*** Opening of Input data ***
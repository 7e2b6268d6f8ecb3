-- ===== src/Engine/Mps/Naive/Shapes.antt =====
-- The fragility of a snapshot: the tensors that its builders give fit together.
use ai_quantum.Common.{
  ℕ, ◌≤◌, ◌≡◌, Bool, false, List, [], ◌∷◌, length, Option, none, some, Outcome, ok, err,
}
use ai_quantum.Common.Float.{Float}
use ai_quantum.Common.Dict.Keys.{All}
use ai_quantum.Core.Snapshot.{GraphSnapshot}
use ai_quantum.Engine.Adjacency.{Matrix, adjacency_tensor}
use ai_quantum.Engine.Features.{FeatureError, no_nodes, missing_feature, Warning}
use ai_quantum.Engine.Mps.Naive.{
  FragilityError, not_square, wrong_features, wrong_weights, negative_mass, linalg_error, dangling,
  features, Torch, is_vector, weighted_matrix,
}

module _ {F T : Type 0} ⦃f : Float F⦄ where
  -- The shapes of what torch builds.
  pub record HasShapes (torch : Torch F T) : Type 0 where
    pub of_matrix_shape : (n : ℕ) (m : Matrix F) → torch.shape (torch.of_matrix n m) ≡ n ∷ n ∷ []
    pub of_rows_shape :
        (n : ℕ) (rows : List (List F))
        → length rows ≡ n
        → All (λ (r : List F). length r ≡ 5) rows
        → 1 ≤ n
        → torch.shape (torch.of_rows rows) ≡ n ∷ 5 ∷ []
    pub to_float32_shape : (t : T) → torch.shape (torch.to_float32 t) ≡ torch.shape t

  module _ (torch : Torch F T) (p_eps : F) where
    -- What an exception of the scoring says, for tensors with `n` rows.
    abbrev pub IsExplained : ℕ → Option T → Outcome FragilityError F → Type 0
    IsExplained n weights (ok score) = Unit
    IsExplained n weights (err (not_square shape)) = ⊥
    IsExplained n weights (err (wrong_features shape)) = ⊥
    IsExplained n weights (err (wrong_weights shape)) =
        (w : T) × (weights ≡ some w)
        × (torch.shape (torch.to_float32 w) ≡ shape)
        × (is_vector 5 shape ≡ false)
    IsExplained n weights (err negative_mass) = 2 ≤ n
    IsExplained n weights (err linalg_error) =
        (2 ≤ n) × (a : T) × (m : T) × (torch.svdvals (weighted_matrix torch p_eps a m) ≡ none)
    IsExplained n weights (err (dangling e)) = ⊥
    IsExplained n weights (err (features e)) = ⊥

    module _ (law : HasShapes torch) where
      -- What an exception of the whole call says of the snapshot.
      abbrev pub IsScored : GraphSnapshot F → Option T → Outcome FragilityError F → Type 0
      IsScored graph weights (ok score) = 1 ≤ length graph.nodes
      IsScored graph weights (err (dangling e)) = adjacency_tensor graph ≡ err e
      IsScored graph weights (err (features no_nodes)) = graph.nodes ≡ []
      IsScored graph weights (err (features (missing_feature id key))) = ⊥
      IsScored graph weights (err (not_square shape)) = ⊥
      IsScored graph weights (err (wrong_features shape)) = ⊥
      IsScored graph weights (err (wrong_weights shape)) =
          IsExplained (length graph.nodes) weights (err (wrong_weights shape))
      IsScored graph weights (err negative_mass) =
          IsExplained (length graph.nodes) weights (err negative_mass)
      IsScored graph weights (err linalg_error) =
          IsExplained (length graph.nodes) weights (err linalg_error)

      module _ (is_finite : F → Bool) (to_float32 : F → F) where
        -- No feature is missing.
        abbrev IsWhole : Outcome FeatureError (List (List F) × List Warning) → Type 0
        IsWhole (ok p) = Unit
        IsWhole (err no_nodes) = Unit
        IsWhole (err (missing_feature id key)) = ⊥
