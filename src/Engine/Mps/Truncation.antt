-- ===== src/Engine/Mps/Truncation.antt =====
-- engine/mps/truncation.py. A matrix is its rows. The decomposition, the sums and the binary search
-- are torch's, and parameters; the tolerance is an argument, as in the code.
pub mod Kept
pub mod Smallest
use ai_quantum.Common.{
  ℕ, ◌+◌, ltb, ◌==◌, Bool, true, false, ◌&&◌, not, if◌then◌else◌, List, [], ◌∷◌, map, length, take,
  min, max, Outcome, ok, err,
}
use ai_quantum.Common.Int.{ℤ, pos, pos_part, ltb_ℤ}
use ai_quantum.Common.Float.{Float, is_zero}

-- The two `ValueError`s.
pub data ValueError : Type 0 where
  bad_rank : ℤ → ValueError
  bad_energy : ValueError

-- `torch.linalg.svd(matrix, full_matrices=False)`.
pub record Factors (F : Type 0) : Type 0 where
  pub u : List (List F)
  pub s : List F
  pub vh : List (List F)

-- What torch provides: `sum`, `cumsum`, `searchsorted` and the conversion to the spectrum's dtype.
pub record Torch (F : Type 0) : Type 0 where
  pub sum : List F → F
  pub cumsum : List F → List F
  pub searchsorted : List F → F → ℕ
  pub to_dtype : F → F

module _ {F : Type 0} ⦃f : Float F⦄ where
  -- `(s > tol).sum()`.
  unfoldable pub count_above : F → List F → ℕ
  count_above tol [] = 0
  count_above tol (x ∷ xs) = (if f.lt tol x then 1 else 0) + count_above tol xs

  -- `numerical_rank`, of the singular values.
  unfoldable pub numerical_rank : {M : Type 0} → (M → List F) → M → F → ℕ
  unfolding count_above
  numerical_rank svdvals matrix tol = count_above tol (svdvals matrix)

  -- The three slices.
  abbrev pub slices : ℕ → Factors F → Factors F
  slices effective d = record {
    u = map (take effective) d.u;
    s = take effective d.s;
    vh = take effective d.vh;
  }

  -- Whether the warning is issued, and the factors that are kept.
  unfoldable pub truncated : ℕ → F → Factors F → Bool × Factors F
  unfolding count_above
  truncated rank tol d =
      let k = length d.s in
      let num_rank = count_above tol d.s in
      if ltb num_rank k
      then (true, slices (min (min rank k) (max 1 num_rank)) d)
      else (false, slices (min rank k) d)

  unfoldable pub truncated_svd :
      {M : Type 0} → (M → Factors F) → M → ℤ → F → Outcome ValueError (Bool × Factors F)
  unfolding truncated
  truncated_svd svd matrix rank tol =
      if ltb_ℤ rank (pos 1)
      then err (bad_rank rank)
      else ok (truncated (pos_part rank) tol (svd matrix))

  -- `sv * sv`.
  abbrev pub squares : List F → List F
  squares = map (λ x. f.mul x x)

  -- `torch.cumsum(sq, dim=0) / total`.
  abbrev pub fractions : Torch F → List F → List F
  fractions torch sv = let sq = squares sv in map (λ c. f.div c (torch.sum sq)) (torch.cumsum sq)

  unfoldable pub rank_of : Torch F → List F → F → ℕ
  rank_of torch sv energy =
      if is_zero (torch.sum (squares sv))
      then 1
      else min (torch.searchsorted (fractions torch sv) (torch.to_dtype energy) + 1) (length sv)

  unfoldable pub auto_rank : {M : Type 0} → Torch F → (M → List F) → M → F → Outcome ValueError ℕ
  unfolding rank_of
  auto_rank torch svdvals matrix energy =
      if not (f.lt (f.of_ℕ 0) energy && f.le energy (f.of_ℕ 1))
      then err bad_energy
      else ok (rank_of torch (svdvals matrix) energy)
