-- ===== src/Engine/Mps/Truncation/Kept.antt =====
-- Which singular values a truncation keeps.
use ai_quantum.Common.{
  ℕ, zero, suc, ◌≤◌, ltb, min, max, ◌≡◌, refl, ap, sym, ◌∙◌, Bool, Bool-cases, true, false,
  if◌then◌else◌, inl, inr, List, [], ◌∷◌, map, length, take, length-take, ok, err, arith, Outcome,
  take-take, take_one_more, take-nil, take-min,
}
use ai_quantum.Common.Int.{ℤ, pos, pos_part, negsuc, ltb_ℤ}
use ai_quantum.Common.Float.{Float}
use ai_quantum.Engine.Mps.Truncation.{
  ValueError, bad_rank, Factors, count_above, slices, truncated, truncated_svd,
}

-- A law of the order of floats, NaN included.
pub record IsOrdered (F : Type 0) ⦃f : Float F⦄ : Type 0 where
  pub lt_le_trans : (a b c : F) → f.lt a b ≡ true → f.le b c ≡ true → f.lt a c ≡ true

module _ {F : Type 0} ⦃f : Float F⦄ where
  -- As torch returns them: each is at least the next.
  abbrev pub IsFalling : List F → Type 0
  IsFalling [] = Unit
  IsFalling (x ∷ []) = Unit
  IsFalling (x ∷ y ∷ xs) = (f.le y x ≡ true) × IsFalling (y ∷ xs)

  -- The values above the tolerance.
  abbrev pub above : F → List F → List F
  above tol [] = []
  above tol (x ∷ xs) = if f.lt tol x then x ∷ above tol xs else above tol xs

  -- The leading ones of them, or the leading value of all where there are none.
  abbrev pub leading : ℕ → List F → List F → List F
  leading rank [] s = take 1 s
  leading rank (x ∷ xs) s = take rank (x ∷ xs)

  -- Whether some value is not above the tolerance.
  abbrev pub is_deficient : F → List F → Bool
  is_deficient tol [] = false
  is_deficient tol (x ∷ xs) = if f.lt tol x then is_deficient tol xs else true

  module _ (law : IsOrdered F) (tol : F) where
    falling_none :
        (x : F) (xs : List F) → IsFalling (x ∷ xs) → f.lt tol x ≡ false → count_above tol xs ≡ 0
    unfolding count_above
    falling_none x [] h k = refl
    falling_none x (y ∷ ys) h k = elim (Bool-cases (f.lt tol y)) [
      | inl over ↦
          absurd (let bad : true ≡ false = sym (law.lt_le_trans tol y x over h.0) ∙ k in cc bad)
      | inr under ↦ rw under (omega (arith, falling_none y ys h.1 under))
    ]

    IsFalling-tail : (x : F) (xs : List F) → IsFalling (x ∷ xs) → IsFalling xs
    IsFalling-tail x [] h = tt
    IsFalling-tail x (y ∷ ys) h = h.1

    -- Those above the tolerance stand in front.
    above-take : (xs : List F) → IsFalling xs → above tol xs ≡ take (count_above tol xs) xs
    unfolding count_above
    above-take [] h = refl
    above-take (x ∷ xs) h = elim (Bool-cases (f.lt tol x)) [
      | inl over ↦
          rw (over, above-take xs (IsFalling-tail x xs h)) (take_one_more (count_above tol xs) x xs)
      | inr under ↦
          let none_left = falling_none x xs h under in
          rw (under, above-take xs (IsFalling-tail x xs h), none_left) refl
    ]

  count_above-le : (tol : F) (xs : List F) → count_above tol xs ≤ length xs
  unfolding count_above
  count_above-le tol [] = omega arith
  count_above-le tol (x ∷ xs) = ground (arith, count_above-le tol xs)

  is_deficient-count :
      (tol : F) (xs : List F) → is_deficient tol xs ≡ ltb (count_above tol xs) (length xs)
  unfolding count_above
  is_deficient-count tol [] = refl
  is_deficient-count tol (x ∷ xs) = elim (Bool-cases (f.lt tol x)) [
    | inl over ↦ rw over (ground (arith, is_deficient-count tol xs))
    | inr under ↦ rw under (ground (arith, count_above-le tol xs))
  ]

  leading-take :
      (rank n : ℕ) (s : List F)
      → leading (suc rank) (take n s) s ≡ take (min (suc rank) (max 1 n)) s
  leading-take rank zero s =
      let e : 1 ≡ min (suc rank) (max 1 0) = omega arith in ap (λ (k : ℕ). take k s) e
  leading-take rank (suc n) [] = sym (take-nil (min (suc rank) (max 1 (suc n))))
  leading-take rank (suc n) (x ∷ xs) =
      let e : min (suc rank) (suc n) ≡ min (suc rank) (max 1 (suc n)) = omega arith in
      take-take (suc rank) (suc n) (x ∷ xs) ∙ ap (λ (k : ℕ). take k (x ∷ xs)) e

  -- The values a truncation to `rank` keeps.
  abbrev pub kept : ℕ → F → List F → List F
  kept rank tol s = leading rank (above tol s) s

  effective : ℕ → F → List F → ℕ
  effective rank tol s = min (min rank (max 1 (count_above tol s))) (length s)

  kept-take :
      (law : IsOrdered F) (rank : ℕ) (tol : F) (s : List F)
      → IsFalling s
      → kept (suc rank) tol s ≡ take (effective (suc rank) tol s) s
  unfolding effective
  kept-take law rank tol s h = rw (above-take law tol s h) (
      leading-take rank (count_above tol s) s
      ∙ take-min (min (suc rank) (max 1 (count_above tol s))) s)

  -- What is promised for a rank: an error, or the values kept, with the columns and rows for them.
  abbrev pub IsTruncation : ℤ → F → Factors F → Outcome ValueError (Bool × Factors F) → Type 0
  IsTruncation rank tol d (err e) = (ltb_ℤ rank (pos 1) ≡ true) × (e ≡ bad_rank rank)
  IsTruncation rank tol d (ok (warns, out)) =
      (ltb_ℤ rank (pos 1) ≡ false)
      × (warns ≡ is_deficient tol d.s)
      × (out.s ≡ kept (pos_part rank) tol d.s)
      × (out.u ≡ map (take (length (kept (pos_part rank) tol d.s))) d.u)
      × (out.vh ≡ take (length (kept (pos_part rank) tol d.s)) d.vh)

  module _ (law : IsOrdered F) (rank : ℕ) (tol : F) (d : Factors F) (falling : IsFalling d.s) where
    length-kept : length (kept (suc rank) tol d.s) ≡ effective (suc rank) tol d.s
    unfolding effective
    length-kept =
        ap length (kept-take law rank tol d.s falling)
        ∙ length-take (effective (suc rank) tol d.s) d.s
        ∙ omega arith

    slices-IsTruncation :
        (warns : Bool)
        → warns ≡ is_deficient tol d.s
        → (e : ℕ) → e ≡ effective (suc rank) tol d.s
        → IsTruncation (pos (suc rank)) tol d (ok (warns, slices e d))
    slices-IsTruncation warns w e h =
        let n : e ≡ length (kept (suc rank) tol d.s) = h ∙ sym length-kept in
        (
          ground arith,
          w,
          ap (λ (k : ℕ). take k d.s) h ∙ sym (kept-take law rank tol d.s falling),
          ap (λ (k : ℕ). map (take k) d.u) n,
          ap (λ (k : ℕ). take k d.vh) n,
        )

    truncated-IsTruncation : IsTruncation (pos (suc rank)) tol d (ok (truncated (suc rank) tol d))
    unfolding truncated effective
    truncated-IsTruncation = elim (Bool-cases (ltb (count_above tol d.s) (length d.s))) [
      | inl less ↦ rw less (
          slices-IsTruncation true (sym (is_deficient-count tol d.s ∙ less)) _
            (ground (arith, less)))
      | inr all ↦ rw all (
          slices-IsTruncation false (sym (is_deficient-count tol d.s ∙ all)) _
            (ground (arith, all, count_above-le tol d.s)))
    ]

  -- Where the decomposition's singular values fall, the truncation to a rank below one raises and
  -- any other keeps, of the values above the tolerance, the leading ones up to the rank, or
  -- the first value of all where none is above it, with as many columns of U and rows of Vh; the
  -- warning is issued exactly if some value is not above the tolerance.
  pub truncated_svd-IsTruncation :
      {M : Type 0} (law : IsOrdered F) (svd : M → Factors F) (matrix : M) (rank : ℤ) (tol : F)
      → IsFalling (svd matrix).s
      → IsTruncation rank tol (svd matrix) (truncated_svd svd matrix rank tol)
  unfolding truncated_svd
  truncated_svd-IsTruncation law svd matrix (pos zero) tol falling = (ground arith, refl)
  truncated_svd-IsTruncation law svd matrix (pos (suc rank)) tol falling =
      let legal : ltb_ℤ (pos (suc rank)) (pos 1) ≡ false = ground arith in
      rw legal (truncated-IsTruncation law rank tol (svd matrix) falling)
  truncated_svd-IsTruncation law svd matrix (negsuc n) tol falling =
      let below : ltb_ℤ (negsuc n) (pos 1) ≡ true = ground arith in rw below (below, refl)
*** Close of Input data ***
#### Activity
Among the records above, extract exactly the lines from the line with "if is_zero (torch.sum (squares sv))" to the line with "IsFalling (x ∷ []) = Unit", both lines included, and leave out the rest.

#### Exercise result
      if is_zero (torch.sum (squares sv))
      then 1
      else min (torch.searchsorted (fractions torch sv) (torch.to_dtype energy) + 1) (length sv)

  unfoldable pub auto_rank : {M : Type 0} → Torch F → (M → List F) → M → F → Outcome ValueError ℕ
  unfolding rank_of
  auto_rank torch svdvals matrix energy =
      if not (f.lt (f.of_ℕ 0) energy && f.le energy (f.of_ℕ 1))
      then err bad_energy
      else ok (rank_of torch (svdvals matrix) energy)
-- ===== src/Engine/Mps/Truncation/Kept.antt =====
-- Which singular values a truncation keeps.
use ai_quantum.Common.{
  ℕ, zero, suc, ◌≤◌, ltb, min, max, ◌≡◌, refl, ap, sym, ◌∙◌, Bool, Bool-cases, true, false,
  if◌then◌else◌, inl, inr, List, [], ◌∷◌, map, length, take, length-take, ok, err, arith, Outcome,
  take-take, take_one_more, take-nil, take-min,
}
use ai_quantum.Common.Int.{ℤ, pos, pos_part, negsuc, ltb_ℤ}
use ai_quantum.Common.Float.{Float}
use ai_quantum.Engine.Mps.Truncation.{
  ValueError, bad_rank, Factors, count_above, slices, truncated, truncated_svd,
}

-- A law of the order of floats, NaN included.
pub record IsOrdered (F : Type 0) ⦃f : Float F⦄ : Type 0 where
  pub lt_le_trans : (a b c : F) → f.lt a b ≡ true → f.le b c ≡ true → f.lt a c ≡ true

module _ {F : Type 0} ⦃f : Float F⦄ where
  -- As torch returns them: each is at least the next.
  abbrev pub IsFalling : List F → Type 0
  IsFalling [] = Unit
  IsFalling (x ∷ []) = Unit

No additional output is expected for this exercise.